We were faced with a dilemma that in Canada would never have been an issue. If we performed the C-section and the patient hemorrhaged, there would be no way to give her the vital blood she needed and she would risk death. But on the other hand, if she was referred back to KDH, where she already left because she was dissatisfied with the care she had received, she risked being further ignored and risking her own health and the health of her unborn child. I felt torn: what was the right choice to make? In Canada this situation would not even have occurred: we would have had supplies for type and cross match readily available so we could easily perform a blood transfusion if one was necessary. The medical team decided to test the patient’s blood to check her hemoglobin levels: if the level was high enough she would be better able to withstand blood loss without the need for a transfusion. When the results came back the team determined that it was safe to proceed and a healthy baby boy was delivered at 11:21 weighing 3.5kg. The C-section proceeded without event and the patient had minimal blood loss, so a positive outcome for all!

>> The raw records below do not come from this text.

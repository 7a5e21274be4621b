-- ===== src/Ipc/Server/Serving.antt =====
-- The loop of `run` against what it promises: every frame that comes in is processed in order, and
-- its answers go out in that order.
use arcade_launcher_stream_e.Base.{
  ℕ, zero, suc, ◌-◌, ◌<◌, ◌≤◌, Bytes, List, [], ◌∷◌, ◌++◌, Option, none, some, ◌≡◌, refl, ◌∙◌,
  arith, length, length-append, append_assoc, append-nil,
}
use arcade_launcher_stream_e.Ipc.Frame.{max_frame, read_frame, frame, write_frame, sent}
use arcade_launcher_stream_e.Ipc.Frame.RoundTrip.{
  wire, read_frame_empty, read_frame-wire, write_frame-wire,
}
use arcade_launcher_stream_e.Json.{Value}
use arcade_launcher_stream_e.Json.Dump.{dump}
use arcade_launcher_stream_e.Json.Parser.{parse}
use arcade_launcher_stream_e.Json.Floats.{Floats}
use arcade_launcher_stream_e.Ipc.Server.{Handlers, process, run, clean, Transport}

-- Some frames on the wire.
abbrev pub wires : List Bytes → Bytes
wires [] = []
wires (p ∷ ps) = wire p ++ wires ps

-- Every payload fits a frame.
abbrev pub FitFrames : List Bytes → Type 0
FitFrames [] = Unit
FitFrames (p ∷ ps) = (length p ≤ max_frame) × FitFrames ps

abbrev pub answers : Option Value → List Value → List Value
answers none rs = rs
answers (some r) rs = r ∷ rs

module _ ⦃fl : Floats⦄ {S : Type 0} (hs : Handlers S) where
  -- The answers to some payloads, and the state after them.
  unfoldable pub serve : List Bytes → S → List Value × S
  serve [] s = ([], s)
  serve (raw ∷ raws) s =
      let (o, s') = process hs (parse raw) s in let (rs, s'') = serve raws s' in (answers o rs, s'')

abbrev pub dumps : ⦃fl : Floats⦄ → List Value → List Bytes
dumps [] = []
dumps (r ∷ rs) = dump r ∷ dumps rs

-- The state of the connection when `sends` have gone out and all that came in is read.
abbrev pub after : Transport → Bytes → Transport
after t out = record t { incoming = []; outgoing = t.outgoing ++ out; room = t.room - length out }

module _ ⦃fl : Floats⦄ {S : Type 0} (hs : Handlers S) where
  serve_step :
      (raw : Bytes) (raws : List Bytes) (s s' : S) (o : Option Value)
      → process hs (parse raw) s ≡ (o, s')
      → serve hs (raw ∷ raws) s ≡ (answers o (serve hs raws s').0, (serve hs raws s').1)
  unfolding serve
  serve_step raw raws s s' o e = rw e

  run_silent :
      (raw : Bytes) (s s' : S) (t t' : Transport) (f : ℕ)
      → read_frame t ≡ (frame raw, t')
      → process hs (parse raw) s ≡ (none, s')
      → run hs (suc f) t s ≡ run hs f t' s'
  unfolding run
  run_silent raw s s' t t' f p q = rw (p, q)

  run_answer :
      (raw : Bytes) (res : Value) (s s' : S) (t t' t'' : Transport) (f : ℕ)
      → read_frame t ≡ (frame raw, t')
      → process hs (parse raw) s ≡ (some res, s')
      → write_frame (dump res) t' ≡ (sent, t'')
      → run hs (suc f) t s ≡ run hs f t'' s'
  unfolding run
  run_answer raw res s s' t t' t'' f p q r = rw (p, q, r)

  -- What `run` promises for these frames.
  abbrev Serves : List Bytes → S → Transport → ℕ → Type 0
  Serves raws s t f =
      run hs f t s ≡ (clean, after t (wires (dumps (serve hs raws s).0)), (serve hs raws s).1)

  Serves-end : (s : S) (t : Transport) (f : ℕ) → t.incoming ≡ [] → Serves [] s t (suc f)
  unfolding run serve
  Serves-end s t f e = rw (read_frame_empty t e) (ground (arith, append-nil t.outgoing))

  Serves-round :
      (raw : Bytes) (raws : List Bytes) (s s' : S) (o : Option Value) (t : Transport) (f : ℕ)
      → process hs (parse raw) s ≡ (o, s')
      → t.incoming ≡ wires (raw ∷ raws)
      → length raw ≤ max_frame
      → FitFrames (dumps (answers o (serve hs raws s').0))
      → length (wires (dumps (answers o (serve hs raws s').0))) ≤ t.room
      → ((u : Transport)
          → u.incoming ≡ wires raws
          → FitFrames (dumps (serve hs raws s').0)
          → length (wires (dumps (serve hs raws s').0)) ≤ u.room
          → Serves raws s' u f)
      → Serves (raw ∷ raws) s t (suc f)
  Serves-round raw raws s s' none t f q e k m r ih =
      let read = read_frame-wire raw (wires raws) t k e in
      run_silent raw s s' t (record t { incoming = wires raws }) f read q
      ∙ ih (record t { incoming = wires raws }) refl m r
      ∙ rw (serve_step raw raws s s' none q)
  Serves-round raw raws s s' (some res) t f q e k m r ih =
      let read = read_frame-wire raw (wires raws) t k e in
      let t' = record t { incoming = wires raws } in
      let later = wires (dumps (serve hs raws s').0) in
      let longer = length-append {0} (wire (dump res)) later in
      let write = write_frame-wire (dump res) t' m.0 (omega (arith, longer)) in
      let room : t.room - length (wire (dump res)) - length later
          ≡ t.room - length (wire (dump res) ++ later) =
        omega (arith, longer) in
      run_answer raw res s s' t t' _ f read q write
      ∙ ih _ refl m.1 (omega (arith, longer))
      ∙ rw (serve_step raw raws s s' (some res) q, room, append_assoc)

  -- With the frames `raws` coming in and room for the answers, `run` ends cleanly, having sent
  -- exactly the answers, in order.
  pub run-serve :
      (raws : List Bytes) (s : S) (t : Transport) (f : ℕ)
      → length raws < f
      → t.incoming ≡ wires raws
      → FitFrames raws
      → FitFrames (dumps (serve hs raws s).0)
      → length (wires (dumps (serve hs raws s).0)) ≤ t.room
      → run hs f t s ≡ (clean, after t (wires (dumps (serve hs raws s).0)), (serve hs raws s).1)
  run-serve raws s t zero h e k m r = elim h [ ]
  run-serve [] s t (suc f) h e k m r = Serves-end s t f e
  run-serve (raw ∷ raws) s t (suc f) h e k m r =
      let (o, s') = process hs (parse raw) s in
      let step = serve_step raw raws s s' o refl in
      Serves-round raw raws s s' o t f refl e k.0 (rw step at m) (rw step at r)
        (λ u e' m' r'. run-serve raws s' u f (omega arith) e' k.1 m' r')
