-- ===== src/Ipc/Server/Writers.antt =====
-- `write_locked` of src/ipc/server.cpp, which `emit` and `run` call from two threads: while one holds
-- `write_mu_`, its frame goes out in pieces of any size, and the others wait.
use arcade_launcher_stream_e.Ipc.Frame.{max_frame, header}
use arcade_launcher_stream_e.Ipc.Frame.RoundTrip.{wire}
use arcade_launcher_stream_e.Ipc.Server.Serving.{wires}
use arcade_launcher_stream_e.Base.{
  ℕ, ◌≤◌, Bytes, Bool, true, false, List, [], ◌∷◌, ◌++◌, Option, none, some, ◌≡◌, refl, sym, ap,
  ◌∙◌, length, take, drop, take-append-drop, append_assoc, append-nil, ◌≢◌, inl, inr, Bool-cases,
  subst,
}

-- The frame of the thread that holds the lock, and what is left of it to write.
pub record Holder : Type 0 where
  pub payload : Bytes
  pub left : Bytes

-- What went out, which thread holds the lock, whether a write has failed, and the payloads whose
-- frames were written whole, in order.
pub record Writers : Type 0 where
  pub outgoing : Bytes
  pub holder : Option Holder
  pub failed : Bool
  pub whole : List Bytes

abbrev pub idle : Writers
idle = record { outgoing = []; holder = none; failed = false; whole = [] }

-- A thread gets the lock, in `write_locked`.
unfoldable pub take_lock : Bytes → Writers → Writers
take_lock payload w = record w { holder = some (record { payload = payload; left = wire payload }) }

-- The system takes the next bytes of the frame.
unfoldable pub move_bytes : ℕ → Holder → Writers → Writers
move_bytes n h w = record w {
  outgoing = w.outgoing ++ take n h.left;
  holder = some (record h { left = drop n h.left });
}

-- `write_frame` has written all, and the lock is released.
unfoldable pub end_frame : Holder → Writers → Writers
end_frame h w = record w { holder = none; whole = w.whole ++ (h.payload ∷ []) }

-- A write fails, and the lock is released; so will every later write.
unfoldable pub give_up : Writers → Writers
give_up w = record w { holder = none; failed = true }

module _ (w : Writers) (u : Writers) where
  pub data Writing : Type 0 where
    begins :
        (payload : Bytes)
        → w.holder ≡ none
        → length payload ≤ max_frame
        → u ≡ take_lock payload w
        → Writing
    moves :
        (n : ℕ) (h : Holder) → w.holder ≡ some h → w.failed ≡ false → u ≡ move_bytes n h w → Writing
    finishes : (h : Holder) → w.holder ≡ some h → h.left ≡ [] → u ≡ end_frame h w → Writing
    gives_up : (h : Holder) → w.holder ≡ some h → u ≡ give_up w → Writing

pub data Reachable : Writers → Type 0 where
  initial : {w : Writers} → w ≡ idle → Reachable w
  after : {w u : Writers} → Reachable w → Writing w u → Reachable u

wires-append : (ss : List Bytes) (s : Bytes) → wires (ss ++ (s ∷ [])) ≡ wires ss ++ wire s
wires-append [] s = append-nil (wire s)
wires-append (t ∷ ss) s =
    ap (λ l. wire t ++ l) (wires-append ss s) ∙ sym (append_assoc (wire t) (wires ss) (wire s))

-- What went out is the whole frames, and a part of one frame behind them. It is the part that the
-- holder has written, and none where nobody holds the lock, as long as no write has failed.
pub record InFrames (w : Writers) : Type 0 where
  pub part : Bytes
  pub rest : Bytes
  pub payload : Bytes
  pub front : part ++ rest ≡ wire payload
  pub frames : w.outgoing ≡ wires w.whole ++ part
  pub of_holder :
      (h : Holder) → w.holder ≡ some h → w.failed ≡ false → part ++ h.left ≡ wire h.payload
  pub at_rest : w.holder ≡ none → w.failed ≡ false → part ≡ []
  pub stuck : (h : Holder) → w.holder ≡ some h → w.failed ≡ true → h.left ≡ wire h.payload

same_holder : {g h : Holder} → some g ≡ some h → g ≡ h
same_holder e = cc

idle-InFrames : InFrames idle
idle-InFrames = record {
  part = [];
  rest = wire [];
  payload = [];
  front = refl;
  frames = refl;
  of_holder = λ h e f. absurd (cc e);
  at_rest = λ e f. refl;
  stuck = λ h e f. absurd (cc f);
}

wire-ne-nil : (payload : Bytes) → wire payload ≢ []
unfolding header
wire-ne-nil payload h = absurd (cc h)

take_lock-InFrames :
    (payload : Bytes) (w : Writers) → w.holder ≡ none → InFrames w → InFrames (take_lock payload w)
unfolding take_lock
take_lock-InFrames payload w e i = record {
  part = i.part;
  rest = i.rest;
  payload = i.payload;
  front = i.front;
  frames = i.frames;
  of_holder = λ h k f.
      subst (λ g. i.part ++ g.left ≡ wire g.payload) (same_holder k)
        (ap (λ p. p ++ wire payload) (i.at_rest e f));
  at_rest = λ k f. absurd (cc k);
  stuck = λ h k f. subst (λ g. g.left ≡ wire g.payload) (same_holder k) refl;
}

move_bytes-InFrames :
    (n : ℕ) (h : Holder) (w : Writers)
    → w.holder ≡ some h
    → w.failed ≡ false
    → InFrames w
    → InFrames (move_bytes n h w)
unfolding move_bytes
move_bytes-InFrames n h w e f i =
    let whole : (i.part ++ take n h.left) ++ drop n h.left ≡ wire h.payload =
      append_assoc i.part (take n h.left) (drop n h.left)
      ∙ (ap (λ l. i.part ++ l) (take-append-drop n h.left) ∙ i.of_holder h e f) in
    record {
      part = i.part ++ take n h.left;
      rest = drop n h.left;
      payload = h.payload;
      front = whole;
      frames =
          ap (λ l. l ++ take n h.left) i.frames
          ∙ append_assoc (wires w.whole) i.part (take n h.left);
      of_holder = λ g k q.
          subst (λ x. (i.part ++ take n h.left) ++ x.left ≡ wire x.payload) (same_holder k) whole;
      at_rest = λ k q. absurd (cc k);
      stuck = λ g k q. absurd (cc (sym f ∙ q));
    }

end_frame-InFrames :
    (h : Holder) (w : Writers)
    → w.holder ≡ some h
    → h.left ≡ []
    → InFrames w
    → InFrames (end_frame h w)
unfolding end_frame
end_frame-InFrames h w e l i = elim (Bool-cases w.failed) [
  | inl f ↦ absurd (wire-ne-nil h.payload (sym (i.stuck h e f) ∙ l))
  | inr f ↦
      let written : i.part ≡ wire h.payload =
        sym (append-nil i.part) ∙ (ap (λ r. i.part ++ r) (sym l) ∙ i.of_holder h e f) in
      record {
        part = [];
        rest = wire [];
        payload = [];
        front = refl;
        frames =
            i.frames
            ∙ (ap (λ r. wires w.whole ++ r) written
                ∙ (sym (wires-append w.whole h.payload) ∙ sym (append-nil _)));
        of_holder = λ g k q. absurd (cc k);
        at_rest = λ k q. refl;
        stuck = λ g k q. absurd (cc k);
      }
]

give_up-InFrames : (w : Writers) → InFrames w → InFrames (give_up w)
unfolding give_up
give_up-InFrames w i = record {
  part = i.part;
  rest = i.rest;
  payload = i.payload;
  front = i.front;
  frames = i.frames;
  of_holder = λ h k f. absurd (cc k);
  at_rest = λ k f. absurd (cc f);
  stuck = λ h k f. absurd (cc k);
}

Writing-InFrames : (w u : Writers) → InFrames w → Writing w u → InFrames u
Writing-InFrames w u i (begins payload e fits same) = rw same (take_lock-InFrames payload w e i)
Writing-InFrames w u i (moves n h e f same) = rw same (move_bytes-InFrames n h w e f i)
Writing-InFrames w u i (finishes h e l same) = rw same (end_frame-InFrames h w e l i)
Writing-InFrames w u i (gives_up h e same) = rw same (give_up-InFrames w i)

-- However the threads take turns, what went out is whole frames in the order in which the lock was
-- held, and a front of one frame behind them: no frame has bytes of another one inside. If no write
-- has failed and nobody holds the lock, it is whole frames only.
pub Reachable-InFrames :
    {w : Writers}
    → Reachable w
    → InFrames w × (w.holder ≡ none → w.failed ≡ false → w.outgoing ≡ wires w.whole)
Reachable-InFrames {w} r =
    let i = from r in
    (
      i,
      λ e f. i.frames ∙ (ap (λ l. wires w.whole ++ l) (i.at_rest e f) ∙ append-nil (wires w.whole)),
    )
  where
    from : {w : Writers} → Reachable w → InFrames w
    from (initial e) = rw e idle-InFrames
    from (after {w} {u} r step) = Writing-InFrames w u (from r) step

On our first day at St Andrews Hospital we had orientation to the wards and met the staff. There are clinical officers and clinicians, which are the equivalent of our doctors. There are nurse-midwives who can work in any ward (male, female, pediatric, labour) and midwives who can work in only the labour ward. Midwives can have a variety of training: certificate level, diploma level or degree level. Depending on the level of training, they can perform various procedures to assist birthing mothers. Midwives are as common as nurses in Malawi, as the birthrate is 5.7 compared to 1.2 in Canada.
As we passed through the labour ward there was a woman on the hospital bed behind a simple curtain. We could see her as we passed through the room, a grimace spread upon her face. As we passed behind the curtain, we heard her moaning through painful contractions, crying out “Amayi”, which means “Mother”. It sounded like she was pleading for the pain to stop. In Malawi women are not regularly treated with analgesics for pain during labour. If they are fortunate they may get Paracetamol (acetaminophen) or Bufren (ibuprofen). On the other side of the curtain from the labouring mother, two midwives were chatting away as if on a break. They seemed unconcerned that the woman was in pain. I was a bit taken aback that they could continue on with their conversation and not offer the woman support. As we continue to learn about birth in Malawi, it appears that the midwife is only there to support the woman in the event of a complication, like a breech presentation or placenta previa. If a mother’s labour is progressing normally it seems like she is left to work through labour on her own, which is in stark contrast to what I saw during my obstetrics rotation in Canada, where mothers are supported almost constantly and given analgesics and epidurals to facilitate the birth. The contrast makes things seem very cold and unfeeling here, but as the birthrate is so high and birth is such a common occurrence as compared to Canada, it seems that there is a very different attitude towards the process of childbirth.